The activation of Akt inhibits the activity of GSK3β, potentiating Wnt and Hh signaling pathways as described above. In addition, in frame splice mutants of the GSK3β kinase domain increase β-catenin expression resulting in enhanced serial engraftment of blast-crisis CML progenitors into immunocompromised mice [111]. Furthermore, GSK3β may be required for the inhibition of Notch signaling, and the suppression of c-Myb expression [112]. As well as its negative effects on LSC self-renewal, in some instances evidence suggests that GSK3β activation can promote the proliferation/maintenance of LSCs. For example, MLL histone methyltransferase oncoproteins have been shown to be dependent on the GSK3β mediated activation of a variety of Hox/Meis1 target genes for their proliferative effects on LSCs [113]. Clearly, the function of GSK3β in LSC biology is context dependant, and therapeutic intervention will need to be sensitive to the particular molecular lesions and self-renewal pathways involved in any particular myeloid malignancy.

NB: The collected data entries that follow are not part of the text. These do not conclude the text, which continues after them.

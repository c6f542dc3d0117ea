-- ===== src/Client/Threads/Moves.antt =====
-- One step of a goroutine in `Do`: what it does to the client and to the log.
use mathlib.Core.Path.{subst}
use provider_strapi.Prelude.{
  ℕ, ◌+◌, ◌≤◌, List, [], ◌∷◌, ◌++◌, Option, Bool, ◌≡◌, ◌≢◌, refl, sym, ap, ◌∙◌, ◌⊎◌, inl, inr,
  arith, All, length, append-nil, Bool-cases, ◌==◌, ◌&&◌,
}
use provider_strapi.Text.{Text}
use provider_strapi.Exec.{Result, ok, err}
use provider_strapi.Client.{
  Client, Request, Response, Http, Json, Session, token_locked, call_with, invalidate, api_request,
}
use provider_strapi.Client.Token.{HasToken, token_locked-HasToken, token_locked-err}
use provider_strapi.Client.Trace.{
  Logged, logged, IsLogin, Logins, token_locked-Logins, api_request-IsCall, call_with_sent,
}
use provider_strapi.Client.Steady.{Call, IsAnyCall}
use provider_strapi.Client.Threads.{
  Phase, asking, calling, dropping, done, Event, answered, unauthorized, failed, after_asking,
  after_calling, advance, IsRunning,
}
use provider_strapi.Client.Threads.Account.{
  Sent, none_sent, login_sent, call_sent, tokenless, losses, calls, HoldsPhase,
}

-- what one step does to the client and to the log
pub record Moved (json : Json) {N : Type 0} (s : Session (Logged N)) (p : Phase) (e : Event)
    (t : Session (Logged N)) : Type 0 where
  pub same_client : record t.client { token = [] } ≡ record s.client { token = [] }
  pub holds : HoldsPhase p
  pub logins : ℕ
  pub api_calls : ℕ
  pub sent : Sent json s.client s.net.sent logins api_calls t.net.sent
  pub logins-le : logins + tokenless t.client.token ≤ tokenless s.client.token + losses (e ∷ [])
  pub api_calls-le : api_calls ≤ calls (e ∷ [])

tokenless_of_ne : (t : Text) → t ≢ [] → tokenless t ≡ 0
tokenless_of_ne [] h = absurd (h refl)
tokenless_of_ne (c ∷ t) h = refl

tokenless-le : (t : Text) → tokenless t ≤ 1
tokenless-le [] = omega arith
tokenless-le (c ∷ t) = omega arith

module _ (json : Json) {N : Type 0} (http : Http N) where
  -- the log of `tokenLocked` as an account
  sent_of_Logins :
      (s : Session (Logged N)) (after : List Request)
      → Logins json http s after
      → (k : ℕ) × Sent json s.client s.net.sent k 0 after × (k ≤ tokenless s.client.token)
  sent_of_Logins s after l = read l.logins refl l.all-IsLogin l.at_most_one
    where
      read :
          (rs : List Request)
          → l.logins ≡ rs
          → All (IsLogin json s.client) rs
          → length rs ≤ 1
          → (k : ℕ) × Sent json s.client s.net.sent k 0 after × (k ≤ tokenless s.client.token)
      read [] e all one = (
        0,
        subst (Sent json s.client s.net.sent 0 0)
            (sym (l.after-eq ∙ ap (λ x. s.net.sent ++ x) e ∙ append-nil s.net.sent)) none_sent,
        omega arith,
      )
      read (r ∷ []) e (h, _) one =
          let empty : s.client.token ≡ [] = elim l.none_if_cached [
            | inl q ↦ q
            | inr q ↦ absurd (let q' = sym e ∙ q in cc)
          ] in
          (
            1,
            subst (Sent json s.client s.net.sent 1 0)
                (sym (l.after-eq ∙ ap (λ x. s.net.sent ++ x) e))
                (login_sent 0 0 s.net.sent r none_sent h),
            rw empty (omega arith),
          )
      read (r ∷ q ∷ rs) e all one = absurd (omega arith)

  Moved-asking :
      (first : Bool) (s : Session (Logged N)) (x : Result Text × Session (Logged N))
      → token_locked json (logged http) s ≡ x
      → let y = after_asking json (logged http) first x in Moved json s y.0 y.1 y.2
  unfolding after_asking
  Moved-asking first s (ok token, t) e =
      let has : HasToken json (logged http) s token t =
        subst (HasToken json (logged http) s token) (ap (λ y. y.1) e)
          (token_locked-HasToken json (logged http) s token (ap (λ y. y.0) e)) in
      let (k, sent, k-le) =
        sent_of_Logins s t.net.sent (
          subst (Logins json http s) (ap (λ y. y.1.net.sent) e)
            (token_locked-Logins json http s)) in
      let now : t.client.token ≡ token = ap (λ (c : Client). c.token) has.cached in
      record {
        same_client = ap (λ (c : Client). record c { token = [] }) has.cached;
        holds = has.ne_nil;
        logins = k;
        api_calls = 0;
        sent = sent;
        logins-le = omega (arith, k-le, ap tokenless now ∙ tokenless_of_ne token has.ne_nil);
        api_calls-le = omega arith;
      }
  Moved-asking first s (err x, t) e =
      let (empty, kept) = token_locked-err json (logged http) s x (ap (λ y. y.0) e) in
      let (k, sent, k-le) =
        sent_of_Logins s t.net.sent (
          subst (Logins json http s) (ap (λ y. y.1.net.sent) e)
            (token_locked-Logins json http s)) in
      let kept' : t.client ≡ s.client = ap (λ y. y.1.client) (sym e) ∙ kept in
      record {
        same_client = ap (λ (c : Client). record c { token = [] }) kept';
        holds = tt;
        logins = k;
        api_calls = 0;
        sent = sent;
        logins-le = omega (
          arith,
          k-le,
          tokenless-le s.client.token,
          ap (λ (c : Client). tokenless c.token) kept',
        );
        api_calls-le = omega arith;
      }

  call_with-client :
      (s : Session (Logged N)) (token method path : Text) (body : Option (Result Text))
      → (call_with json (logged http) token method path body s).1.client ≡ s.client
  unfolding call_with
  call_with-client s token method path body = ground arith

  -- a step that leaves the client alone and sends one call at most
  Moved-call :
      (s t : Session (Logged N)) (p : Phase) (e : Event)
      → t.client ≡ s.client
      → (t.net.sent ≡ s.net.sent)
        ⊎ ((r : Request) × IsAnyCall s.client r × (t.net.sent ≡ s.net.sent ++ r ∷ []))
      → HoldsPhase p
      → calls (e ∷ []) ≡ 1
      → Moved json s p e t
  Moved-call s t p e kept (inl q) h one = record {
    same_client = ap (λ (c : Client). record c { token = [] }) kept;
    holds = h;
    logins = 0;
    api_calls = 0;
    sent = subst (Sent json s.client s.net.sent 0 0) (sym q) none_sent;
    logins-le = omega (arith, ap (λ (c : Client). tokenless c.token) kept);
    api_calls-le = omega arith;
  }
  Moved-call s t p e kept (inr (r, c, q)) h one = record {
    same_client = ap (λ (c : Client). record c { token = [] }) kept;
    holds = h;
    logins = 0;
    api_calls = 1;
    sent =
        subst (Sent json s.client s.net.sent 0 1) (sym q) (call_sent 0 0 s.net.sent r none_sent c);
    logins-le = omega (arith, ap (λ (c : Client). tokenless c.token) kept);
    api_calls-le = omega arith;
  }

  Moved-calling :
      (first : Bool) (c : Call) (token : Text) (s : Session (Logged N))
      (x : Result Response × Session (Logged N))
      → token ≢ []
      → call_with json (logged http) token c.method c.path c.body s ≡ x
      → let y = after_calling json (logged http) first x in Moved json s y.0 y.1 y.2
  unfolding after_calling
  Moved-calling first c token s (r, t) held e = read r
    where
      kept : t.client ≡ s.client
      kept = ap (λ y. y.1.client) (sym e) ∙ call_with-client s token c.method c.path c.body

      sent :
          (t.net.sent ≡ s.net.sent)
          ⊎ ((r : Request) × IsAnyCall s.client r × (t.net.sent ≡ s.net.sent ++ r ∷ []))
      sent = elim (call_with_sent json http s token c.method c.path c.body) [
        | inl p ↦ inl (ap (λ y. y.1.net.sent) (sym e) ∙ p)
        | inr (buf, p) ↦ inr (
          api_request s.client token c.method c.path buf,
          (c.method, c.path, api_request-IsCall s.client token c.method c.path buf held),
          ap (λ y. y.1.net.sent) (sym e) ∙ p,
        )
      ]

      read :
          (r : Result Response)
          → let y = after_calling json (logged http) first (r, t) in Moved json s y.0 y.1 y.2
      read (err x) = Moved-call s t (done (err x)) failed kept sent tt refl
      read (ok resp) = elim (Bool-cases (first && (resp.status_code == 401))) [
        | inl q ↦ rw q (Moved-call s t dropping unauthorized kept sent tt refl)
        | inr q ↦ rw q (Moved-call s t (done (ok resp)) answered kept sent tt refl)
      ]

  pub advance-Moved :
      (c : Call) (p : Phase) (s : Session (Logged N))
      → HoldsPhase p
      → IsRunning p
      → let y = advance json (logged http) c p s in Moved json s y.0 y.1 y.2
  unfolding advance invalidate
  advance-Moved c (asking first) s h k =
      Moved-asking first s (token_locked json (logged http) s) refl
  advance-Moved c (calling first token) s h k =
      Moved-calling first c token s (call_with json (logged http) token c.method c.path c.body s) h
        refl
  advance-Moved c dropping s h k = record {
    same_client = refl;
    holds = tt;
    logins = 0;
    api_calls = 0;
    sent = none_sent;
    logins-le = omega arith;
    api_calls-le = omega arith;
  }
  advance-Moved c (done r) s h k = absurd k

Targeting self-renewal pathways in LSC

Many small molecule inhibitors have been developed which are capable of targeting different molecules within self-renewal pathways. These agents are at different stages of pre-clinical and clinical development; indeed some well known drugs, e.g. non-steroidal anti-inflammatory drugs (NSAIDs) have effects on self-renewal. Given that various pathways can cross-talk, or amplify the input signals the LSC receives, combined targeting of different pathways may prove to be a fruitful area of future investigation. Table 1 indicates those pathways where inhibitors have been developed and also identifies relevant ongoing or recently completed clinical trials in hematological malignancies using these agents.

Conclusions

Self-renewal pathways are currently an area of major study in myeloid malignancies. There is increasing evidence that the development of novel clinical agents which specifically target LSCs is essential to cure these stem-cell derived malignancies. Thus, understanding the aberrant expression of self-renewal pathways and cross-talk between these pathways in LSCs is essential for the development of novel treatment strategies. It is highly likely that a successful strategy for curing leukemia will consist of a targeted LSC therapy in combination with standard chemotherapy agents (e.g. anthracyclines, cytosine arabinoside, fludarabine) in AML and TKIs in CML to eradicate the LSCs and kill the bulk leukemia blast cells, respectively. The timing of administration of different agents is likely to be critical and will require careful pre-clinical studies to ensure successful clinical trials. One possible approach would be induction therapy with standard chemotherapy in AML or TKIs in CML to reduce the bulk leukemia cells followed by LSC-directed therapy when tumor burden is low, i.e. minimal residual disease (MRD) has been achieved, to eliminate LSCs. For this approach to be successful further work needs to be performed in a number of areas including: (a) the development of more clinical grade self-renewal pathway modulators; (b) the development of sensitive and robust tests to monitor MRD (e.g. quantitative RT-PCR for BCR-ABL in CML); and (c) the development of assays to allow measurement of the rare LSC population size and functionality. When successfully achieved in myeloid leukemias, these approaches can then be adopted in other stem-cell driven malignancies.

Competing interest

The authors declare no competing financial interests.

Authors’ contributions

HW coordinated the review, wrote the sections of normal hematopoiesis and self-renewal pathways and compiled the figure; WS wrote the section on myeloid malignancies; MC researched the table and wrote the conclusion. All authors read and approved the final manuscript.